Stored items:
┄┄┄┄┄┄
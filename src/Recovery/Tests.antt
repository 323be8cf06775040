-- ===== src/Recovery/Tests.antt =====
-- A wallet that resets its identity, one that rebaselines it, and one that stores its baseline.
use protocol_core.Base.{
  ◌≡◌, refl, true, false, none, some, [], ◌∷◌, replicate, take, Result, ok, err,
}
use protocol_core.Base.Int.{pos, saturating_sub, ◌-ℤ◌, as_u64, as_i64}
use protocol_core.Base.Words.{to_le_bytes, from_le_bytes, i64_to_le_bytes, i64_from_le_bytes}
use protocol_core.Base.Bytes.{bytes_eq, sub, put, nth, resize}
use protocol_core.Base.Concat.{concat}
use protocol_core.Chain.Sample.{key, move, credit, debit}
use protocol_core.Request.{read_counter, is_request_state}
use protocol_core.Receipt.Policy.{
  is_configured, accepts, read_u16, stored_policy, read_projection_policy,
  read_validator_key_policy, validate_requested_projection,
}
use protocol_core.Receipt.Instruction.{
  contains, check_header, parse, preceding, load_preceding_ed25519_receipt,
}
use protocol_core.Receipt.Payload.{
  ReceiptPurpose, purpose_byte, is_mint, parse_v1, parse_v2_v3, parse_message, parse_session,
  verify_receipt_payload, verify_validator_receipt,
}
use protocol_core.Counter
use protocol_core.Counter.{fund, initial_bytes, create}
use protocol_core.Update.State.{Environment, Anchor, encrypted_baseline_set}
use protocol_core.Update.Layout.{
  ring_bytes, read_ring, identity_parts, serialize_identity, view_identity, deserialize_identity,
}
use protocol_core.Update.Handler.{transfer, grow, pay_fee, emit_receipt_session}
use protocol_core.Update.Sample.{
  wallet, before, config_v1, request_state, world, layout_environment, tag, receipt_message,
  signed_message,
}
use protocol_core.Recovery.Shared.{
  Remaining, advance_counter, take_counter, read_fees, require_nonzero,
}
use protocol_core.Recovery.Reset.{
  split_last, take_last_counter, require_sysvar, reset_identity, finish_reset, reset_identity_state,
}
use protocol_core.Recovery.Reset.Laws.{IsReset, reset_identity_state_lem}
use protocol_core.Recovery.Rebaseline.{rebaseline_identity, finish_rebaseline, rebaseline_anchor}
use protocol_core.Recovery.Rebaseline.Laws.{IsRebaseline, rebaseline_anchor_lem}
use protocol_core.Recovery.Baseline.{Baselines, init_if_needed, set_encrypted_baseline}

-- The build with the feature, and a transaction with a receipt for this purpose.
abbrev bound_with : ReceiptPurpose → Environment
bound_with purpose = record layout_environment {
  request_bound_v1 = true;
  sysvar = signed_message (receipt_message purpose wallet (key 5) (pos 999900));
}

abbrev counter_account : Remaining
counter_account = record { account = request_state; is_writable = true }

abbrev sysvar_account : Remaining
sysvar_account = record {
  account = record { key = key 38; owner = key 39; data_bytes = [] };
  is_writable = false;
}

-- An identity of the layout before the last two fields, and the configuration with version 1.
abbrev start : Anchor
start = record world {
  identity = record {
    key = key 34;
    owner = key 32;
    data_bytes = take 583 (serialize_identity tag before);
  };
  config = config_v1;
}

abbrev after : Result Anchor → Anchor
after (ok t) = t
after (err e) = start

abbrev reset_state : Anchor
reset_state = after (
    reset_identity_state (bound_with ReceiptPurpose.reset) wallet (pos 1000000) (key 5) 1
      (sysvar_account ∷ counter_account ∷ []) start)

reset_ok :
    reset_identity_state
      (bound_with ReceiptPurpose.reset)
      wallet
      (pos 1000000)
      (key 5)
      1
      (sysvar_account ∷ counter_account ∷ [])
      start
    ≡ ok reset_state
unfolding reset_identity_state take_last_counter split_last advance_counter Counter.advance create
    fund initial_bytes read_counter is_request_state require_nonzero grow transfer read_fees
    validate_requested_projection require_sysvar finish_reset reset_identity pay_fee
    emit_receipt_session bytes_eq sub nth put resize i64_from_le_bytes from_le_bytes as_i64
    saturating_sub read_projection_policy stored_policy read_u16 read_validator_key_policy
    verify_validator_receipt load_preceding_ed25519_receipt is_configured preceding check_header
    parse contains accepts verify_receipt_payload parse_message parse_v1 parse_v2_v3 parse_session
    purpose_byte is_mint concat to_le_bytes i64_to_le_bytes as_u64 ◌-ℤ◌ move credit debit ring_bytes
    read_ring identity_parts serialize_identity view_identity deserialize_identity
reset_ok = refl

reset_identity_state_lem_example :
    IsReset
      (bound_with ReceiptPurpose.reset)
      wallet
      (pos 1000000)
      (key 5)
      1
      (sysvar_account ∷ counter_account ∷ [])
      start
      reset_state
reset_identity_state_lem_example =
    reset_identity_state_lem (bound_with ReceiptPurpose.reset) wallet (pos 1000000) (key 5) 1
      (sysvar_account ∷ counter_account ∷ []) start reset_ok

abbrev rebaselined : Anchor
rebaselined = after (
    rebaseline_anchor (bound_with ReceiptPurpose.rebaseline) wallet (pos 1000000) (key 5) 1
      (counter_account ∷ []) start)

rebaseline_ok :
    rebaseline_anchor
      (bound_with ReceiptPurpose.rebaseline)
      wallet
      (pos 1000000)
      (key 5)
      1
      (counter_account ∷ [])
      start
    ≡ ok rebaselined
unfolding rebaseline_anchor take_counter advance_counter Counter.advance create fund initial_bytes
    read_counter is_request_state require_nonzero grow transfer read_fees
    validate_requested_projection finish_rebaseline rebaseline_identity pay_fee emit_receipt_session
    bytes_eq sub nth put resize i64_from_le_bytes from_le_bytes as_i64 saturating_sub
    read_projection_policy stored_policy read_u16 read_validator_key_policy verify_validator_receipt
    load_preceding_ed25519_receipt is_configured preceding check_header parse contains accepts
    verify_receipt_payload parse_message parse_v1 parse_v2_v3 parse_session purpose_byte is_mint
    concat to_le_bytes i64_to_le_bytes as_u64 ◌-ℤ◌ move credit debit ring_bytes read_ring
    identity_parts serialize_identity view_identity deserialize_identity
rebaseline_ok = refl

rebaseline_anchor_lem_example :
    IsRebaseline
      (bound_with ReceiptPurpose.rebaseline)
      wallet
      (pos 1000000)
      (key 5)
      1
      (counter_account ∷ [])
      start
      rebaselined
rebaseline_anchor_lem_example =
    rebaseline_anchor_lem (bound_with ReceiptPurpose.rebaseline) wallet (pos 1000000) (key 5) 1
      (counter_account ∷ []) start rebaseline_ok

-- A wallet with an identity and no baseline yet.
abbrev bare : Baselines
bare = record {
  identity_state = start.identity;
  key = key 39;
  encrypted_baseline = none;
  ledger = λ k. 1000000;
  events = [];
}

abbrev stored : Baselines
stored = record bare {
  encrypted_baseline = some (record { blob = replicate 96 8; bump = 250 });
  events = encrypted_baseline_set wallet ∷ [];
}

stored_ok : set_encrypted_baseline layout_environment wallet (replicate 96 8) bare ≡ ok stored
unfolding set_encrypted_baseline init_if_needed serialize_identity concat i64_to_le_bytes
    to_le_bytes ring_bytes
stored_ok = refl
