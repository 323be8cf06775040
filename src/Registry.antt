-- ===== src/Registry.antt =====
-- programs/entros-registry/src/lib.rs: the protocol configuration and its admin, the validators'
-- stakes, the treasury.
pub mod Config
pub mod State
pub mod Setup
pub mod Keys
pub mod Authority
pub mod Projection
pub mod Funds
pub mod Calls
pub mod Tests
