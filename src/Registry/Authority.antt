-- ===== src/Registry/Authority.antt =====
-- The admin of the configuration: `propose_authority`, `accept_authority` and `migrate_admin`.
pub mod Laws
use protocol_core.Base.{
  ℕ, ◌+◌, ◌≡◌, Bool, true, false, not, Option, none, some, arith, length, ltb, leb, ◌==◌,
  if◌then◌else◌, Result, ok, err, panic, registry, RegistryError, require, ◌>>=◌, ◌>>◌,
}
use protocol_core.Base.Words.{Bytes}
use protocol_core.Base.Bytes.{bytes_eq, slice, index, write, resize, zeros}
use protocol_core.Chain.{Pubkey, Chain}
use protocol_core.Registry.Config.{config_len}
use protocol_core.Registry.State.{
  Registry, Program, Event, authority_transfer_proposed, authority_transfer_accepted,
  admin_migrated, default_pubkey, emit, ensure_protocol_config_len, require_admin, top_up,
}

-- The signer must be the upgrade authority that the loader's program data names: a state tag of 4
-- bytes, a slot of 8, an option tag and the key.
unfoldable pub require_upgrade_authority : Bytes → Pubkey → Result (Unit {0})
require_upgrade_authority programdata signer = do
  require (leb 45 (length programdata)) (registry RegistryError.program_data_bytes)
  tag ← index programdata 12
  require (tag == 1) (registry RegistryError.program_data_bytes)
  upgrade_authority ← slice programdata 13 32
  require (bytes_eq upgrade_authority signer) (registry RegistryError.wrong_upgrade_authority)

-- The two keys that `accept_authority` reads, the pending one checked against the signer.
unfoldable pub read_transfer : Pubkey → Bytes → Result (Pubkey × Pubkey)
read_transfer signer d = do
  require (leb 145 (length d)) (registry RegistryError.no_pending_authority)
  old_admin ← slice d 8 32
  pending ← slice d 113 32
  require (not (bytes_eq pending default_pubkey)) (registry RegistryError.no_pending_authority)
  require (bytes_eq pending signer) (registry RegistryError.unauthorized)
  ok (old_admin, pending)

module _ (chain : Chain) (program : Program) where
  unfoldable pub propose_authority : Pubkey → Pubkey → Registry → Result Registry
  propose_authority admin new_authority r = do
    require (not (bytes_eq new_authority default_pubkey))
        (registry RegistryError.invalid_pending_authority)
    require (bytes_eq r.owner program.id) (registry RegistryError.invalid_protocol_config)
    require_admin admin r
    s ← ensure_protocol_config_len chain program admin r
    d ← write s.data_bytes 113 new_authority
    ok (emit (authority_transfer_proposed admin new_authority) (record s { data_bytes = d }))

  unfoldable pub accept_authority : Pubkey → Registry → Result Registry
  accept_authority pending_authority r = do
    require (bytes_eq r.owner program.id) (registry RegistryError.invalid_protocol_config)
    keys ← read_transfer pending_authority r.data_bytes
    d ← write r.data_bytes 8 keys.1
    d' ← write d 113 (zeros 32)
    ok (emit (authority_transfer_accepted keys.0 keys.1) (record r { data_bytes = d' }))

  -- Emergency recovery: the layout grows first, then the admin is overwritten, then the rent is paid.
  unfoldable pub migrate_admin : Bytes → Pubkey → Registry → Result Registry
  migrate_admin programdata new_admin r = do
    require_upgrade_authority programdata new_admin
    require (leb 40 (length r.data_bytes)) (registry RegistryError.invalid_protocol_config)
    old_admin ← slice r.data_bytes 8 32
    d ← write (resize r.data_bytes config_len) 8 new_admin
    s ← top_up chain program new_admin config_len (record r { data_bytes = d })
    ok (emit (admin_migrated old_admin new_admin) s)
┄┄┄┄┄┄
Work order: Every line holding the string "contains" should be copied here, so please find those lines in the data.

Task output:
  contains, check_header, parse, preceding, load_preceding_ed25519_receipt,
    parse contains accepts verify_receipt_payload parse_message parse_v1 parse_v2_v3 parse_session
    load_preceding_ed25519_receipt is_configured preceding check_header parse contains accepts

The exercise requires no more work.